What to work on:
Copy out every line of the data exactly.

Saved data entries

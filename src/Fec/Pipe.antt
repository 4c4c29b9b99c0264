-- ===== src/Fec/Pipe.antt =====
-- internal/fec/pipe.go: Pipe, the encoder and the decoder of one session. The callbacks of the source
-- are what this model writes to the wire; whether they succeed is a parameter.
pub mod Position
pub mod Wires
pub mod Sent
pub mod NoRepairs
pub mod Receive
use supervpn.Base.{
  ℕ, zero, suc, ◌+◌, ◌-◌, ◌*◌, ◌%◌, ◌^◌, ◌≤◌, ◌<◌, ◌≡◌, ◌≢◌, refl, List, [], ◌∷◌, ◌++◌, ltb, leb,
  ◌==◌, ◌||◌, ◌&&◌, not, if◌then◌else◌, length, arith, true, false, Bool, Option, none, some, Go,
  ok, err, panic, ◌>>=◌, ◌>>◌,
}
use supervpn.Fec.Shards.{ReedSolomon}
use supervpn.Fec.Encoder.{Encoder, InitError, new_encoder}
use supervpn.Fec.Encoder
use supervpn.Fec.Decoder.{Decoder, new_decoder}

pub record RepairJob : Type 0 where
  pub send_at : ℕ
  pub block_id : ℕ
  pub repairs : List (List ℕ)

-- A call of `sendData` or `sendRepair`.
pub data Wire : Type 0 where
  data_packet : ℕ → ℕ → List ℕ → Wire
  repair_packet : ℕ → ℕ → List ℕ → Wire

-- `repair_ch` is the channel of capacity 2048; `none` is nil, and `sends_repair` says whether
-- `sendRepair` is set.
pub record Pipe : Type 0 where
  pub enc : Encoder
  pub dec : Decoder
  pub repair_delay : ℕ
  pub sends_repair : Bool
  pub pkt_idx : ℕ
  pub repair_ch : Option (List RepairJob)

unfoldable pub new_pipe : ReedSolomon → ℕ → ℕ → ℕ → Bool → Go InitError Pipe
new_pipe rs k r repair_delay sends_repair = do
  enc ← new_encoder rs k r
  dec ← new_decoder rs k r
  ok (record {
    enc = enc;
    dec = dec;
    repair_delay = repair_delay;
    sends_repair = sends_repair;
    pkt_idx = 0;
    repair_ch = if ltb 0 repair_delay && sends_repair then some [] else none;
  })

module _ (succeeds : Wire → Bool) where
  -- `for i, rep := range repairs { if err := p.sendRepair(...); err != nil { return err } }`
  unfoldable pub send_repairs : ℕ → ℕ → List (List ℕ) → List Wire × Bool
  send_repairs block_id i [] = ([], true)
  send_repairs block_id i (rep ∷ repairs) =
      let (out, fine) = send_repairs block_id (suc i) repairs in
      let w = repair_packet block_id (i % 2 ^ 8) rep in
      if succeeds w then (w ∷ out, fine) else (w ∷ [], false)

-- The same with the errors ignored.
unfoldable pub send_repairs_now : ℕ → ℕ → List (List ℕ) → List Wire
send_repairs_now block_id i [] = []
send_repairs_now block_id i (rep ∷ repairs) =
    repair_packet block_id (i % 2 ^ 8) rep ∷ send_repairs_now block_id (suc i) repairs

module _ (rs : ReedSolomon) where
  -- The first half of `Send`, under the lock: the frame's place, the repairs, the pipe afterwards.
  unfoldable pub claim : List ℕ → Pipe → (ℕ × ℕ × Option (List (List ℕ))) × Pipe
  claim frame p =
      let (repairs, enc) = Encoder.add rs p.enc frame in
      let next : ℕ = elim repairs [ none ↦ (p.pkt_idx + 1) % 2 ^ 16 | some _ ↦ 0 ] in
      ((p.enc.block_id, p.pkt_idx, repairs), record p { enc = enc; pkt_idx = next })

module _ (succeeds : Wire → Bool) where
  -- The repairs of a block that is complete: what is sent, whether it succeeded, the pipe afterwards.
  unfoldable pub dispatch : ℕ → ℕ → List (List ℕ) → Pipe → List Wire × Bool × Pipe
  dispatch now block_id repairs p =
      if length repairs == 0 || not p.sends_repair
      then ([], true, p)
      else if ltb 0 p.repair_delay
      then (elim p.repair_ch [
        | none ↦ (send_repairs_now block_id 0 repairs, true, p)
        | some jobs ↦
            let job : RepairJob = record {
              send_at = now + p.repair_delay;
              block_id = block_id;
              repairs = repairs;
            } in
            if ltb (length jobs) 2048
            then ([], true, record p { repair_ch = some (jobs ++ (job ∷ [])) })
            else (send_repairs_now block_id 0 repairs, true, p)
      ])
      else (let (out, fine) = send_repairs succeeds block_id 0 repairs in (out, fine, p))

  unfoldable pub send : ReedSolomon → ℕ → List ℕ → Pipe → (List Wire × Bool) × Pipe
  send rs now frame p =
      let ((block_id, idx, repairs), q) = claim rs frame p in
      let w = data_packet block_id idx frame in
      let (out, fine, end_pipe) =
        dispatch now block_id (elim repairs [ none ↦ [] | some reps ↦ reps ]) q in
      if succeeds w then ((w ∷ out, fine), end_pipe) else ((w ∷ [], false), q)

  -- One round of the loop of `StartRepairSender`: the first job of the channel, once its time has come.
  unfoldable pub drain : ℕ → Pipe → List Wire × Pipe
  drain now p = elim p.repair_ch [
    | none ↦ ([], p)
    | some [] ↦ ([], p)
    | some (job ∷ jobs) ↦
        if leb job.send_at now
        then (send_repairs_now job.block_id 0 job.repairs, record p { repair_ch = some jobs })
        else ([], p)
  ]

Exercise answer:
filename src/Fec/Pipe.antt
repository 4c4c29b9b99c0264
-- ===== src/Fec/Pipe.antt =====
-- internal/fec/pipe.go: Pipe, the encoder and the decoder of one session. The callbacks of the source
-- are what this model writes to the wire; whether they succeed is a parameter.
pub mod Position
pub mod Wires
pub mod Sent
pub mod NoRepairs
pub mod Receive
use supervpn.Base.{
  ℕ, zero, suc, ◌+◌, ◌-◌, ◌*◌, ◌%◌, ◌^◌, ◌≤◌, ◌<◌, ◌≡◌, ◌≢◌, refl, List, [], ◌∷◌, ◌++◌, ltb, leb,
  ◌==◌, ◌||◌, ◌&&◌, not, if◌then◌else◌, length, arith, true, false, Bool, Option, none, some, Go,
  ok, err, panic, ◌>>=◌, ◌>>◌,
}
use supervpn.Fec.Shards.{ReedSolomon}
use supervpn.Fec.Encoder.{Encoder, InitError, new_encoder}
use supervpn.Fec.Encoder
use supervpn.Fec.Decoder.{Decoder, new_decoder}

pub record RepairJob : Type 0 where
  pub send_at : ℕ
  pub block_id : ℕ
  pub repairs : List (List ℕ)

-- A call of `sendData` or `sendRepair`.
pub data Wire : Type 0 where
  data_packet : ℕ → ℕ → List ℕ → Wire
  repair_packet : ℕ → ℕ → List ℕ → Wire

-- `repair_ch` is the channel of capacity 2048; `none` is nil, and `sends_repair` says whether
-- `sendRepair` is set.
pub record Pipe : Type 0 where
  pub enc : Encoder
  pub dec : Decoder
  pub repair_delay : ℕ
  pub sends_repair : Bool
  pub pkt_idx : ℕ
  pub repair_ch : Option (List RepairJob)

unfoldable pub new_pipe : ReedSolomon → ℕ → ℕ → ℕ → Bool → Go InitError Pipe
new_pipe rs k r repair_delay sends_repair = do
  enc ← new_encoder rs k r
  dec ← new_decoder rs k r
  ok (record {
    enc = enc;
    dec = dec;
    repair_delay = repair_delay;
    sends_repair = sends_repair;
    pkt_idx = 0;
    repair_ch = if ltb 0 repair_delay && sends_repair then some [] else none;
  })

module _ (succeeds : Wire → Bool) where
  -- `for i, rep := range repairs { if err := p.sendRepair(...); err != nil { return err } }`
  unfoldable pub send_repairs : ℕ → ℕ → List (List ℕ) → List Wire × Bool
  send_repairs block_id i [] = ([], true)
  send_repairs block_id i (rep ∷ repairs) =
      let (out, fine) = send_repairs block_id (suc i) repairs in
      let w = repair_packet block_id (i % 2 ^ 8) rep in
      if succeeds w then (w ∷ out, fine) else (w ∷ [], false)

-- The same with the errors ignored.
unfoldable pub send_repairs_now : ℕ → ℕ → List (List ℕ) → List Wire
send_repairs_now block_id i [] = []
send_repairs_now block_id i (rep ∷ repairs) =
    repair_packet block_id (i % 2 ^ 8) rep ∷ send_repairs_now block_id (suc i) repairs

module _ (rs : ReedSolomon) where
  -- The first half of `Send`, under the lock: the frame's place, the repairs, the pipe afterwards.
  unfoldable pub claim : List ℕ → Pipe → (ℕ × ℕ × Option (List (List ℕ))) × Pipe
  claim frame p =
      let (repairs, enc) = Encoder.add rs p.enc frame in
      let next : ℕ = elim repairs [ none ↦ (p.pkt_idx + 1) % 2 ^ 16 | some _ ↦ 0 ] in
      ((p.enc.block_id, p.pkt_idx, repairs), record p { enc = enc; pkt_idx = next })

module _ (succeeds : Wire → Bool) where
  -- The repairs of a block that is complete: what is sent, whether it succeeded, the pipe afterwards.
  unfoldable pub dispatch : ℕ → ℕ → List (List ℕ) → Pipe → List Wire × Bool × Pipe
  dispatch now block_id repairs p =
      if length repairs == 0 || not p.sends_repair
      then ([], true, p)
      else if ltb 0 p.repair_delay
      then (elim p.repair_ch [
        | none ↦ (send_repairs_now block_id 0 repairs, true, p)
        | some jobs ↦
            let job : RepairJob = record {
              send_at = now + p.repair_delay;
              block_id = block_id;
              repairs = repairs;
            } in
            if ltb (length jobs) 2048
            then ([], true, record p { repair_ch = some (jobs ++ (job ∷ [])) })
            else (send_repairs_now block_id 0 repairs, true, p)
      ])
      else (let (out, fine) = send_repairs succeeds block_id 0 repairs in (out, fine, p))

  unfoldable pub send : ReedSolomon → ℕ → List ℕ → Pipe → (List Wire × Bool) × Pipe
  send rs now frame p =
      let ((block_id, idx, repairs), q) = claim rs frame p in
      let w = data_packet block_id idx frame in
      let (out, fine, end_pipe) =
        dispatch now block_id (elim repairs [ none ↦ [] | some reps ↦ reps ]) q in
      if succeeds w then ((w ∷ out, fine), end_pipe) else ((w ∷ [], false), q)

  -- One round of the loop of `StartRepairSender`: the first job of the channel, once its time has come.
  unfoldable pub drain : ℕ → Pipe → List Wire × Pipe
  drain now p = elim p.repair_ch [
    | none ↦ ([], p)
    | some [] ↦ ([], p)
    | some (job ∷ jobs) ↦
        if leb job.send_at now
        then (send_repairs_now job.block_id 0 job.repairs, record p { repair_ch = some jobs })
        else ([], p)
  ]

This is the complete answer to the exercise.